A wrongful trial has been officially countered for three cases of wire transfer fraud. explained Elizabeth Holmes, the founder of the failed blood test startup Theranos, according to a federal court Submission approved on Tuesday.
Mrs. Holmes, 37, was found guilty on monday from three counts remittance fraud charges and a remittance fraud conspiracy charge for lying to investors in order to raise money for their business. She was found not guilty on four counts for betraying Theranos’ patient.
The three counts posted were related to investments made by three Theranos investors who said Ms. Holmes had misled them. The jury said on Monday that they could not agree on judgments on these points. A hearing takes place next week to discuss those charges which prosecutors may decide to try again.
Mrs. Holmes – a Stanford University dropout and one-time start-up darling turned Silicon Valley outcast – is also expected to receive a sentencing date at next week’s hearing for the charges on which she was convicted. Any transfer fraud count is punishable by a maximum penalty of 20 years in prison. Ms. Holmes may appeal her conviction, the conviction, or both.
The hung counts came after a Jury made up of eight men and four women spent 50 hours in seven days deliberating a judgment. On Monday, they twice notified Judge Edward J. Davila of the United States District Court for the Northern District of California, who was chairing the case, that they stuck on the three counts against Mrs. Holmes. Instead, judgments were made on the other eight counts.

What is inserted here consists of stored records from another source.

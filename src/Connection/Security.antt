-- ===== src/Connection/Security.antt =====
-- Which connections can be where: the TLS modes keep what they promise.
pub mod Io
mod Handlers
mod Starttls
mod Handshake
pub mod Machine
use smtpc_cli.Connection.State.{
  ConnState, connecting, wait_banner, sending_ehlo, wait_ehlo, sending_starttls,
  wait_starttls_reply, tls_handshaking, ready, error, timed_out, TlsMode, mode_none, opportunistic,
  explicit, implicit, log_tls_ok, log_tls_cert_warning, Event, logged, World,
}
use smtpc_cli.Common.{Bool, true, false, not, ◌&&◌, ◌||◌, [], ◌∷◌, List, Option, some, none, ◌≡◌}

-- A handshake has been logged as finished.
abbrev pub established : List Event → Bool
established [] = false
established (logged log_tls_ok _ ∷ _) = true
established (logged log_tls_cert_warning _ ∷ _) = true
established (_ ∷ events) = established events

abbrev pub has_engine : {E : Type 0} → Option E → Bool
has_engine none = false
has_engine (some _) = true

-- Behind the handshake of `implicit`, and where STARTTLS may still come.
abbrev pub conversing : TlsMode → (engine finished : Bool) → Bool
conversing mode_none engine finished = not engine
conversing implicit engine finished = engine && finished
conversing _ engine finished = not engine || finished

abbrev pub upgrading : TlsMode → (engine : Bool) → Bool
upgrading opportunistic engine = not engine
upgrading explicit engine = not engine
upgrading _ engine = false

abbrev pub finishing : TlsMode → (engine finished : Bool) → Bool
finishing mode_none engine finished = not engine
finishing opportunistic engine finished = not engine || finished
finishing _ engine finished = engine && finished

abbrev pub shaking : TlsMode → (engine : Bool) → Bool
shaking mode_none engine = false
shaking _ engine = engine

abbrev pub failed : TlsMode → (engine : Bool) → Bool
failed mode_none engine = not engine
failed _ engine = true

-- The combinations of mode, state, engine and finished handshake that can occur.
abbrev pub allowed : TlsMode → ConnState → (engine finished : Bool) → Bool
allowed mode connecting engine finished = not engine
allowed mode wait_banner engine finished = conversing mode engine finished
allowed mode sending_ehlo engine finished = conversing mode engine finished
allowed mode wait_ehlo engine finished = conversing mode engine finished
allowed mode sending_starttls engine finished = upgrading mode engine
allowed mode wait_starttls_reply engine finished = upgrading mode engine
allowed mode tls_handshaking engine finished = shaking mode engine
allowed mode ready engine finished = finishing mode engine finished
allowed mode error engine finished = failed mode engine
allowed mode timed_out engine finished = failed mode engine

module _ {E : Type 0} where
  abbrev pub IsAllowed : World E → Type 0
  IsAllowed w =
      allowed w.conn.tls_mode w.conn.state (has_engine w.conn.tls) (established w.events) ≡ true
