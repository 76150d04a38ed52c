-- ===== src/Connection/Finished.antt =====
-- src/smtp_connection.c: once a handshake is logged as finished, the engine of the connection is one that
-- has finished, whatever that means for the engine.

mod Dialogue
pub mod Machine
use smtpc_cli.Connection.State.{
  LogEvent, Detail, literal, logged, log_tls_begin, log_tls_fail, TlsStep, TlsStatus, tls_ok,
  want_read, want_write, tls_error, Platform, World, Run, done, aborted, Holds, ◌>>=◌,
  contains_cr_or_lf, error, read_buf_size,
}
use smtpc_cli.Connection.Io.{
  emit, fail_with, or_error, add_event, submit_read_bytes, submit_write_bytes, write_encrypted,
  write_raw, read_cipher, first_step, start_engine, begin_tls_handshake, set_state, detail_is_bad,
}
use smtpc_cli.Connection.Runs.{after}
use smtpc_cli.Connection.Security.{established}
use smtpc_cli.Common.{
  ℕ, Bool, true, false, ◌||◌, Bytes, ◌≡◌, refl, Option, some, none, if◌then◌else◌,
}
use Prim.Native.String.{String}

-- What the calls of an engine do to a property of engines: an accepted handshake brings it about, no call
-- takes it away.
pub record Finishes (p : Platform) (Q : p.Engine → Type 0) : Type 0 where
  pub established_by :
      (e : p.Engine) (input : Bytes) (n : ℕ)
      → (p.handshake e input n).status ≡ tls_ok
      → Q (p.handshake e input n).engine
  pub by_handshake : (e : p.Engine) (input : Bytes) (n : ℕ) → Q e → Q (p.handshake e input n).engine
  pub by_encrypt : (e : p.Engine) (input : Bytes) (n : ℕ) → Q e → Q (p.encrypt e input n).engine
  pub by_decrypt : (e : p.Engine) (input : Bytes) (n : ℕ) → Q e → Q (p.decrypt e input n).engine

module _ (p : Platform) (Q : p.Engine → Type 0) (finishes : Finishes p Q) where
  open p use {Engine, create, handshake, encrypt}

  abbrev pub Backed : (finished : Bool) → Option Engine → Type 0
  Backed false tls = Unit
  Backed true none = ⊥
  Backed true (some e) = Q e

  abbrev pub IsBacked : World Engine → Type 0
  IsBacked w = Backed (established w.events) w.conn.tls

  pub Backed-step :
      (b : Bool) (e e' : Engine) → (Q e → Q e') → Backed b (some e) → Backed b (some e')
  Backed-step true e e' f q = f q
  Backed-step false e e' f q = tt

  pub fail_with-IsBacked :
      (e : LogEvent) (m : String) (w : World Engine)
      → IsBacked (add_event (logged e (literal m)) w)
      → Holds (fail_with e m w) IsBacked
  unfolding fail_with
  fail_with-IsBacked e m w h = after IsBacked e (literal m) w (λ w'. done (set_state error w')) h

  pub or_error-IsBacked :
      (w : World Engine) (answer : Bool) → IsBacked w → IsBacked (or_error (w, answer))
  or_error-IsBacked w true h = h
  or_error-IsBacked w false h = h

  pub submit_read_bytes-IsBacked :
      (w : World Engine) → IsBacked w → IsBacked (or_error (submit_read_bytes p w))
  unfolding submit_read_bytes
  submit_read_bytes-IsBacked w h = or_error-IsBacked (submit_read_bytes p w).0 _ h

  pub write_encrypted-IsBacked :
      (step : TlsStep Engine) (w : World Engine)
      → Backed (established w.events) (some step.engine)
      → IsBacked (or_error (write_encrypted p step w))
  write_encrypted-IsBacked step w h = by_status step.status step.out
    where
      w' : World Engine
      w' = record w { conn = record (w.conn) { tls = some step.engine } }

      by_status :
          (s : TlsStatus) (out : Bytes)
          → IsBacked (or_error (elim s [ want_write ↦ write_raw p out w' | _ ↦ (w', false) ]))
      by_status want_write out = or_error-IsBacked (write_raw p out w').0 _ h
      by_status tls_ok out = h
      by_status want_read out = h
      by_status tls_error out = h

  pub submit_write_bytes-IsBacked :
      (bytes : Bytes) (w : World Engine)
      → IsBacked w
      → IsBacked (or_error (submit_write_bytes p bytes w))
  unfolding submit_write_bytes
  submit_write_bytes-IsBacked bytes w h = by_engine w.conn.tls h
    where
      by_engine :
          (tls : Option Engine)
          → Backed (established w.events) tls
          → IsBacked (
              or_error (elim tls [
                | some engine ↦ write_encrypted p (encrypt engine bytes read_buf_size) w
                | none ↦ write_raw p bytes w
              ]))
      by_engine none k = or_error-IsBacked (write_raw p bytes w).0 _ h
      by_engine (some e) k =
          write_encrypted-IsBacked _ w
            (Backed-step (established w.events) e _ (finishes.by_encrypt e bytes read_buf_size) k)

  -- Where no engine is held no handshake has finished, and any engine will do.
  pub unfinished : (b : Bool) (tls : Option Engine) → Backed b none → Backed b tls
  unfinished true tls h = elim h [ ]
  unfinished false tls h = tt

  first_step-IsBacked :
      (step : TlsStep Engine) (w : World Engine)
      → Backed (established w.events) none
      → Holds (first_step p step w) IsBacked
  unfolding first_step
  first_step-IsBacked step w h = by_status step.status step.out
    where
      w' : World Engine
      w' = record w { conn = record (w.conn) { tls = some step.engine } }

      k : IsBacked w'
      k = unfinished (established w.events) (some step.engine) h

      by_status :
          (s : TlsStatus) (out : Bytes)
          → Holds
              (elim s [
                | want_write ↦ done (or_error (write_raw p out w'))
                | want_read ↦ done (or_error (read_cipher p w'))
                | _ ↦ fail_with log_tls_fail "TLS handshake failed to start" w'
              ])
              IsBacked
      by_status want_write out = or_error-IsBacked (write_raw p out w').0 _ k
      by_status want_read out = or_error-IsBacked (read_cipher p w').0 _ k
      by_status tls_ok out = fail_with-IsBacked log_tls_fail _ w' k
      by_status tls_error out = fail_with-IsBacked log_tls_fail _ w' k

  pub begin_tls_handshake-IsBacked :
      (now_ms : ℕ) (detail : String) (w : World Engine)
      → Backed (established w.events) none
      → Holds (begin_tls_handshake p now_ms detail w) IsBacked
  unfolding begin_tls_handshake start_engine
  begin_tls_handshake-IsBacked now_ms detail w h = by_engine (create w.conn.actor w.conn.trust)
    where
      by_engine :
          (made : Option Engine)
          → Holds
              (elim made [
                | none ↦
                    fail_with log_tls_fail "failed to create the TLS engine"
                      (record w { conn = record (w.conn) { tls = none } })
                | some engine ↦
                    start_engine p engine now_ms detail
                      (record w { conn = record (w.conn) { tls = some engine } })
              ])
              IsBacked
      by_engine none = fail_with-IsBacked log_tls_fail _ _ h
      by_engine (some engine) =
          after IsBacked log_tls_begin (literal detail) _ _ (first_step-IsBacked _ _ h)
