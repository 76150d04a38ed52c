-- ===== src/Connection/Finished/Dialogue.antt =====
-- src/smtp_connection.c: the handlers of the greeting, of EHLO and of STARTTLS leave a finished engine.
use smtpc_cli.Connection.Runs.{either, either_under, after}
use smtpc_cli.Connection.State.{
  TlsMode, literal, text, log_error, log_ehlo, log_reply, log_starttls, log_capabilities,
  log_tls_fail, Platform, World, Run, Holds, mode_none, implicit, opportunistic, explicit,
  write_buf_size,
}
use smtpc_cli.Connection.Io.{build_ehlo_command}
use smtpc_cli.Connection.Handlers.{
  IoResult, append_received, on_chunk, read_more, await_banner, handle_connected, send_command,
  send_ehlo, handle_greeting, handle_banner, is_2xx,
}
use smtpc_cli.Connection.Handlers.Starttls.{
  send_starttls, upgrade_or_ready, handle_summarised, handle_capabilities, handle_ehlo,
  handle_starttls_answer,
}
use smtpc_cli.ReplyReader.{Outcome}
use smtpc_cli.Capabilities.{EhloResult}
use smtpc_cli.Common.{arith, ℕ, false, not, Bytes, [], ◌∷◌, ◌≡◌, Option, some, none, ◌==◌, length}
use Prim.Native.String.{String}
use smtpc_cli.Connection.Finished.{
  Finishes, Backed, IsBacked, fail_with-IsBacked, submit_read_bytes-IsBacked,
  submit_write_bytes-IsBacked, begin_tls_handshake-IsBacked,
}
use smtpc_cli.Connection.Security.{established}

module _ (p : Platform) (Q : p.Engine → Type 0) (finishes : Finishes p Q) where
  open p use {Engine, create, decrypt}

  pub on_chunk-IsBacked :
      (result : IoResult) (m c : String) (w : World Engine) (next : World Engine → Run Engine)
      → IsBacked p Q finishes w
      → (result.failed ≡ false
          → Holds (next (append_received result.chunk w)) (IsBacked p Q finishes))
      → Holds (on_chunk result m c w next) (IsBacked p Q finishes)
  unfolding on_chunk
  on_chunk-IsBacked result m c w next h n =
      either_under (IsBacked p Q finishes) result.failed _ _
        (λ _. fail_with-IsBacked p Q finishes log_error m w h)
        (λ f.
          either (IsBacked p Q finishes) (length result.chunk == 0) _ _
            (fail_with-IsBacked p Q finishes log_error c w h) (n f))

  pub read_more-IsBacked :
      (m : String) (w : World Engine)
      → IsBacked p Q finishes w
      → Holds (read_more p m w) (IsBacked p Q finishes)
  unfolding read_more
  read_more-IsBacked m w h =
      let f = fail_with-IsBacked p Q finishes log_error m w h in
      let r = submit_read_bytes-IsBacked p Q finishes w h in ground arith

  pub await_banner-IsBacked :
      (now_ms : ℕ) (w : World Engine)
      → IsBacked p Q finishes w
      → Holds (await_banner p now_ms w) (IsBacked p Q finishes)
  unfolding await_banner
  await_banner-IsBacked now_ms w h = submit_read_bytes-IsBacked p Q finishes _ h

  pub send_command-IsBacked :
      (command identity : Bytes) (now_ms : ℕ) (w : World Engine)
      → IsBacked p Q finishes w
      → Holds (send_command p command identity now_ms w) (IsBacked p Q finishes)
  unfolding send_command
  send_command-IsBacked [] identity now_ms w h = fail_with-IsBacked p Q finishes log_error _ w h
  send_command-IsBacked (c ∷ cs) identity now_ms w h =
      after (IsBacked p Q finishes) log_ehlo (text identity) w _
        (submit_write_bytes-IsBacked p Q finishes (c ∷ cs) _ h)

  pub send_ehlo-IsBacked :
      (identity : Bytes) (now_ms : ℕ) (w : World Engine)
      → IsBacked p Q finishes w
      → Holds (send_ehlo p identity now_ms w) (IsBacked p Q finishes)
  unfolding send_ehlo
  send_ehlo-IsBacked identity now_ms w h =
      send_command-IsBacked (build_ehlo_command write_buf_size identity) identity now_ms _ h

  pub handle_connected-IsBacked :
      (mode : TlsMode) (now_ms : ℕ) (w : World Engine)
      → Backed p Q finishes (established w.events) none
      → IsBacked p Q finishes w
      → Holds (handle_connected p mode now_ms w) (IsBacked p Q finishes)
  unfolding handle_connected
  handle_connected-IsBacked implicit now_ms w n h =
      begin_tls_handshake-IsBacked p Q finishes now_ms _ w n
  handle_connected-IsBacked _ now_ms w n h = await_banner-IsBacked now_ms w h

  pub handle_banner-IsBacked :
      (o : Outcome) (identity : Bytes) (now_ms : ℕ) (w : World Engine)
      → IsBacked p Q finishes w
      → Holds (handle_banner p o identity now_ms w) (IsBacked p Q finishes)
  unfolding handle_banner handle_greeting
  handle_banner-IsBacked (Outcome.ok reply) identity now_ms w h =
      after (IsBacked p Q finishes) log_reply (text _) _ _ (
        either (IsBacked p Q finishes) (not (is_2xx reply.code)) _ _
          (fail_with-IsBacked p Q finishes log_error _ _ h)
          (send_ehlo-IsBacked identity now_ms _ h))
  handle_banner-IsBacked Outcome.incomplete identity now_ms w h = read_more-IsBacked _ w h
  handle_banner-IsBacked (Outcome.fail _) identity now_ms w h =
      fail_with-IsBacked p Q finishes log_error _ w h

  pub send_starttls-IsBacked :
      (now_ms : ℕ) (w : World Engine)
      → IsBacked p Q finishes w
      → Holds (send_starttls p now_ms w) (IsBacked p Q finishes)
  unfolding send_starttls
  send_starttls-IsBacked now_ms w h =
      after (IsBacked p Q finishes) log_starttls (literal "sending STARTTLS") w _
        (submit_write_bytes-IsBacked p Q finishes _ _ h)

  pub upgrade_or_ready-IsBacked :
      (mode : TlsMode) (now_ms : ℕ) (w : World Engine)
      → IsBacked p Q finishes w
      → Holds (upgrade_or_ready p mode now_ms w) (IsBacked p Q finishes)
  unfolding upgrade_or_ready
  upgrade_or_ready-IsBacked mode_none now_ms w h = h
  upgrade_or_ready-IsBacked opportunistic now_ms w h =
      either (IsBacked p Q finishes) w.caps.has_starttls _ _ (send_starttls-IsBacked now_ms w h) h
  upgrade_or_ready-IsBacked explicit now_ms w h =
      either (IsBacked p Q finishes) w.caps.has_starttls _ _ (send_starttls-IsBacked now_ms w h)
        (fail_with-IsBacked p Q finishes log_error _ w h)
  upgrade_or_ready-IsBacked implicit now_ms w h = tt

  pub handle_summarised-IsBacked :
      (tls : Option Engine) (now_ms : ℕ) (w : World Engine)
      → IsBacked p Q finishes w
      → Holds (handle_summarised p tls now_ms w) (IsBacked p Q finishes)
  unfolding handle_summarised
  handle_summarised-IsBacked none now_ms w h = upgrade_or_ready-IsBacked w.conn.tls_mode now_ms w h
  handle_summarised-IsBacked (some engine) now_ms w h = h

  pub handle_ehlo-IsBacked :
      (r : EhloResult) (now_ms : ℕ) (w : World Engine)
      → IsBacked p Q finishes w
      → Holds (handle_ehlo p r now_ms w) (IsBacked p Q finishes)
  unfolding handle_ehlo handle_capabilities
  handle_ehlo-IsBacked (EhloResult.ok caps) now_ms w h =
      after (IsBacked p Q finishes) log_capabilities (text _) _ _
        (handle_summarised-IsBacked w.conn.tls now_ms _ h)
  handle_ehlo-IsBacked (EhloResult.other Outcome.incomplete) now_ms w h = read_more-IsBacked _ w h
  handle_ehlo-IsBacked (EhloResult.other (Outcome.ok _)) now_ms w h =
      fail_with-IsBacked p Q finishes log_error _ w h
  handle_ehlo-IsBacked (EhloResult.other (Outcome.fail _)) now_ms w h =
      fail_with-IsBacked p Q finishes log_error _ w h
  handle_ehlo-IsBacked EhloResult.aborted now_ms w h = tt

  pub handle_starttls_answer-IsBacked :
      (o : Outcome) (now_ms : ℕ) (w : World Engine)
      → Backed p Q finishes (established w.events) none
      → IsBacked p Q finishes w
      → Holds (handle_starttls_answer p o now_ms w) (IsBacked p Q finishes)
  unfolding handle_starttls_answer
  handle_starttls_answer-IsBacked (Outcome.ok reply) now_ms w n h =
      either (IsBacked p Q finishes) (not (is_2xx reply.code)) _ _
        (fail_with-IsBacked p Q finishes log_tls_fail _ w h)
        (begin_tls_handshake-IsBacked p Q finishes now_ms _ w n)
  handle_starttls_answer-IsBacked Outcome.incomplete now_ms w n h = read_more-IsBacked _ w h
  handle_starttls_answer-IsBacked (Outcome.fail _) now_ms w n h =
      fail_with-IsBacked p Q finishes log_error _ w h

The three counts hung related to investors Alan Eisenman, Chris Lucas of Black Diamond Ventures, and Bryan Tolbert of Hall Group. Everyone had invested in Theranos, with some of their transactions forming the basis of three wire transfer fraud cases.
Mr. Eisenman testified that he believed Ms. Holmes was hiding information from him. Mr. Lucas testified that Ms. Holmes was his main source of information about Theranos. Mr Tolbert said in court that he supported Theranos in believing that their technology was ready for use.
In total, Theranos raised $ 945 million from investors during its term. Those investments were wiped out after the company’s blood tests – which should be able to detect various conditions by looking at a few drops of a patient’s blood – were found to have failed.